### WHAT THE TASK ASKS:
From the line with "split_at m a piece q" through the line with "sym (at_end a", repeat the entries verbatim, both end lines included, and add nothing.

Dataset entries
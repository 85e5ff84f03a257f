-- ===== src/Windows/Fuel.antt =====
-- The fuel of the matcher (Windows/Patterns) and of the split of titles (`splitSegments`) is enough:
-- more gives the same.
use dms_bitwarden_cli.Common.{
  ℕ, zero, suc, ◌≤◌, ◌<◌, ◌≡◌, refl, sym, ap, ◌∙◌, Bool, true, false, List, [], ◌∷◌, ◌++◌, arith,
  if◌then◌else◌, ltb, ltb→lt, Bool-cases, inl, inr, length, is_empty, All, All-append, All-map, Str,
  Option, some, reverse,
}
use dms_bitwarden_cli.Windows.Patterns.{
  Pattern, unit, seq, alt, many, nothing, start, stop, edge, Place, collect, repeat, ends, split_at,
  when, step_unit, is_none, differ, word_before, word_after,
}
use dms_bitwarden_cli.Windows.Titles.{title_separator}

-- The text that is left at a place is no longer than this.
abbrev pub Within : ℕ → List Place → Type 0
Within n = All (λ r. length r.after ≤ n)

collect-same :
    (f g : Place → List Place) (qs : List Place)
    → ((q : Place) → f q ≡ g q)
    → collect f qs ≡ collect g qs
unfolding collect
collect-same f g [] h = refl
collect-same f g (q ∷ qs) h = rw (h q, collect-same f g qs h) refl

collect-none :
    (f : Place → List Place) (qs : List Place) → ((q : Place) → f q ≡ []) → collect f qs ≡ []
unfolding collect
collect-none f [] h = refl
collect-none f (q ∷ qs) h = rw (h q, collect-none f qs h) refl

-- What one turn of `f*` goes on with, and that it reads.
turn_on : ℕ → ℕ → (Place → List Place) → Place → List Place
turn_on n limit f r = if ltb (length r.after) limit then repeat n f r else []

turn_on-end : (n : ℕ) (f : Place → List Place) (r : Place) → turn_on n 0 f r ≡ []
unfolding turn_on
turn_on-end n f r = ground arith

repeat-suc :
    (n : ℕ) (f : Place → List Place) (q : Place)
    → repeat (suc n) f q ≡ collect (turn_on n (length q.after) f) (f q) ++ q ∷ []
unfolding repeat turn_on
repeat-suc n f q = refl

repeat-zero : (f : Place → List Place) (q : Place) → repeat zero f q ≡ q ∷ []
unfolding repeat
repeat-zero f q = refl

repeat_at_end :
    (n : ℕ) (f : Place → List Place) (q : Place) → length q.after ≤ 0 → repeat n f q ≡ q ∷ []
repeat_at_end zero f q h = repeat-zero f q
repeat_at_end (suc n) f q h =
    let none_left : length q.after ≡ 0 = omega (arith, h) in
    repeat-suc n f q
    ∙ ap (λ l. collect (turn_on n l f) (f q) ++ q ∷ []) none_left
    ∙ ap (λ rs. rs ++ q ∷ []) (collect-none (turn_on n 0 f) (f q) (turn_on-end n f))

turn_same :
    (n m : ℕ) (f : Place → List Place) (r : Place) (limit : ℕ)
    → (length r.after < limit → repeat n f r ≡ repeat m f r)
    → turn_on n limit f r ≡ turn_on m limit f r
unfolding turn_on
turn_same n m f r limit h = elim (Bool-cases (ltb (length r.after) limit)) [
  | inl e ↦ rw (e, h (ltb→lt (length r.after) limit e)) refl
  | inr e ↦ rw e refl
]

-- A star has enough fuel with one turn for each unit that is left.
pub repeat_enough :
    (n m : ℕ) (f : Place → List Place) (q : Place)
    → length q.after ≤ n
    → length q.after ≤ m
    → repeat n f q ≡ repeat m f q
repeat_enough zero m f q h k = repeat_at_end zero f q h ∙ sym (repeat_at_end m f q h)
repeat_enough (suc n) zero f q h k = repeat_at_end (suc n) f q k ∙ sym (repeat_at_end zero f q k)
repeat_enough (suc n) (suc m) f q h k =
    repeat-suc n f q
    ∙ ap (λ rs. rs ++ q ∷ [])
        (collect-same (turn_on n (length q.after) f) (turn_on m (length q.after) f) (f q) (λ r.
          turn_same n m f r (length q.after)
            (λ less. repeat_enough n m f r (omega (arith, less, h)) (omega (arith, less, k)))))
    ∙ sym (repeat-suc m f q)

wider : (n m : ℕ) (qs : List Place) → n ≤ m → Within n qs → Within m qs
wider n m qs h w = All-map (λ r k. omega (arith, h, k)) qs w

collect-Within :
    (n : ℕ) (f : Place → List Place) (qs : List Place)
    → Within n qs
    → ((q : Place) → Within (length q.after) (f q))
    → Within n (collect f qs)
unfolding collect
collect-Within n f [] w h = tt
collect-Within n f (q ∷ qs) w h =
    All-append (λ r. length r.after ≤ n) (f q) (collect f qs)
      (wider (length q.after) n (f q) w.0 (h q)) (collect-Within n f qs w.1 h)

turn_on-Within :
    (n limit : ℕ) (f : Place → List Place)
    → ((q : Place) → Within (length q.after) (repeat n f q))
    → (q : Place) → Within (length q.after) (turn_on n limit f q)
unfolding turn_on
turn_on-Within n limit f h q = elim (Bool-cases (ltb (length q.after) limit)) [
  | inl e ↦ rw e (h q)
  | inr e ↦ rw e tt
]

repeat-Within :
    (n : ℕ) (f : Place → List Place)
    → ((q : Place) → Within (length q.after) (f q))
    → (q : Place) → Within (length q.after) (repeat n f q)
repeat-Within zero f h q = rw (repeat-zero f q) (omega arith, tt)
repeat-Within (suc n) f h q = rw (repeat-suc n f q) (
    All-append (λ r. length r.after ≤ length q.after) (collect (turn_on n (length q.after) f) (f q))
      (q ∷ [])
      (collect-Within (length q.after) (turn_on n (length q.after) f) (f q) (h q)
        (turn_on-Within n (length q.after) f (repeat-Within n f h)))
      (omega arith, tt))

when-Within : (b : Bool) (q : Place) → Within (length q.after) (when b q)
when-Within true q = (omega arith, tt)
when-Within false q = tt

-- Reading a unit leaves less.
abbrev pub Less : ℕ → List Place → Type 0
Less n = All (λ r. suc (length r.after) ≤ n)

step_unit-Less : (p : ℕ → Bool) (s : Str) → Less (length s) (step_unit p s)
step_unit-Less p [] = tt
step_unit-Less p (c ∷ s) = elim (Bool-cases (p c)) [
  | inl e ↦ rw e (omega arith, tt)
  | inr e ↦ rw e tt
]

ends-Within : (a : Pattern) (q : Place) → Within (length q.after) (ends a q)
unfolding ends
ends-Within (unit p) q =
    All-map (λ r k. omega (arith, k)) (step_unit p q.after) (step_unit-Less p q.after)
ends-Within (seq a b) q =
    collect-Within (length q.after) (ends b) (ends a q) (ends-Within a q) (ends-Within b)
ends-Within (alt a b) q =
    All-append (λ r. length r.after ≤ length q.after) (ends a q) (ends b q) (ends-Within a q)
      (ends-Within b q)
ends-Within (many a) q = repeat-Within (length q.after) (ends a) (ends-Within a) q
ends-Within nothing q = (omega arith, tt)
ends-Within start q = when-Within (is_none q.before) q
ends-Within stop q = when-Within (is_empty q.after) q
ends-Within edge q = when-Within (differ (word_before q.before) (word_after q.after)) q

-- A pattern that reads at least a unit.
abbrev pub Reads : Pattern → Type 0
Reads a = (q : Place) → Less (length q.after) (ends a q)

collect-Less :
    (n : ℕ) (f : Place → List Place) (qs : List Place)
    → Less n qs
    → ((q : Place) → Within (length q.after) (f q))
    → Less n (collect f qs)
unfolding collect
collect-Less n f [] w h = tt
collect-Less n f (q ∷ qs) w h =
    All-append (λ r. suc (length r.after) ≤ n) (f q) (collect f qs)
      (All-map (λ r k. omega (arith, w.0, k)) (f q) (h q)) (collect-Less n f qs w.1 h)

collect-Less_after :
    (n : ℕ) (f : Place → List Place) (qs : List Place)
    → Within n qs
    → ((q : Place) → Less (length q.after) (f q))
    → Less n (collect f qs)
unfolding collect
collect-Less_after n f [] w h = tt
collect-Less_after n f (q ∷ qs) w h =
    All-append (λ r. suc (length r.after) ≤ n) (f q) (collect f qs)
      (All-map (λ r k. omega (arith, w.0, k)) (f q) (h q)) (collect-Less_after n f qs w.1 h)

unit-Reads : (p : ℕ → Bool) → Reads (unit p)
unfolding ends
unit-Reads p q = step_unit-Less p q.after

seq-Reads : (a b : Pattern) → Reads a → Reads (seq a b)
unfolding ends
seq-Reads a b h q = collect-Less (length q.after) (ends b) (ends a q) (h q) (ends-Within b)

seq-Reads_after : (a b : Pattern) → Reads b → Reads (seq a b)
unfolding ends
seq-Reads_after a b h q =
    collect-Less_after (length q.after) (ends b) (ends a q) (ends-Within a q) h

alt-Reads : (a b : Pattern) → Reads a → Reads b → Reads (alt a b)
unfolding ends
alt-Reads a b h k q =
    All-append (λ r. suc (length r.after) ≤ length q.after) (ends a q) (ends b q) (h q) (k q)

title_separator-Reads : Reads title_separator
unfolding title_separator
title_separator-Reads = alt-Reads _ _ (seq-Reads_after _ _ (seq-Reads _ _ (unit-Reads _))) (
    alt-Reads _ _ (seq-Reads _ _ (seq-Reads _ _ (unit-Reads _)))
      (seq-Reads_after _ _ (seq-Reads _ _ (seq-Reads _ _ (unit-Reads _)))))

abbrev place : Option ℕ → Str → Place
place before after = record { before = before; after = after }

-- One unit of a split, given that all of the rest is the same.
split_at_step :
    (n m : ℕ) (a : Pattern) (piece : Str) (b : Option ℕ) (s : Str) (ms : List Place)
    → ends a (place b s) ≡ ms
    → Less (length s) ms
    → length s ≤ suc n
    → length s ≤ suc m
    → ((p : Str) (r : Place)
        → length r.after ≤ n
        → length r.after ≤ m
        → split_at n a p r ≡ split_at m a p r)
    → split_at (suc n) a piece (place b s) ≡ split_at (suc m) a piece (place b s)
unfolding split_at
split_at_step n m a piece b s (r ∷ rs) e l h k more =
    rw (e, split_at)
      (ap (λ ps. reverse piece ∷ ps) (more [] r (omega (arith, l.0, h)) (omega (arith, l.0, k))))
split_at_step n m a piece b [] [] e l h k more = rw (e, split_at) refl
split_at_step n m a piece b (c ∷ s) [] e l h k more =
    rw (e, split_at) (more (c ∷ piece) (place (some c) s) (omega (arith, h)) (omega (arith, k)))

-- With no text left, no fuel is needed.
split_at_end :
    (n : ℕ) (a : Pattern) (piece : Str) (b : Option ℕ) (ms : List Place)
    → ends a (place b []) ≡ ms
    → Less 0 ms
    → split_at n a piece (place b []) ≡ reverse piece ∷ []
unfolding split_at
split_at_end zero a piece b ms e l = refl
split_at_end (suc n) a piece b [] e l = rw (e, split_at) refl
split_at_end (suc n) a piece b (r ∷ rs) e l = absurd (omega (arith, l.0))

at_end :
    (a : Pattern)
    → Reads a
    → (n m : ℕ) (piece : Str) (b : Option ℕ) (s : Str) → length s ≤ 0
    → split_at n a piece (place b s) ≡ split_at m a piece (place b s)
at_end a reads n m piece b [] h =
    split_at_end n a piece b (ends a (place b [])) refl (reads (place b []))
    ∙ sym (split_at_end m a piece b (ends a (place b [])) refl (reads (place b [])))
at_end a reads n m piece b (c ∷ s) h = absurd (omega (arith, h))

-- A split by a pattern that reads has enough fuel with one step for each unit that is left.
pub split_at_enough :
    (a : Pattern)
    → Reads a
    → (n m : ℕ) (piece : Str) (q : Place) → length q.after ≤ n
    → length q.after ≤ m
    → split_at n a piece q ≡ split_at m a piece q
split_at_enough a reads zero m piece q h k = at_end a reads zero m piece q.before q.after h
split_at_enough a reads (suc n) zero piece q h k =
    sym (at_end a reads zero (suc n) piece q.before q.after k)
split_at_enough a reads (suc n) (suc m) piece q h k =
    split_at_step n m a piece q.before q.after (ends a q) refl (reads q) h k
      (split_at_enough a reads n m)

### WRITTEN RESPONSE:
    → split_at n a piece q ≡ split_at m a piece q
split_at_enough a reads zero m piece q h k = at_end a reads zero m piece q.before q.after h
split_at_enough a reads (suc n) zero piece q h k =
    sym (at_end a reads zero (suc n) piece q.before q.after k)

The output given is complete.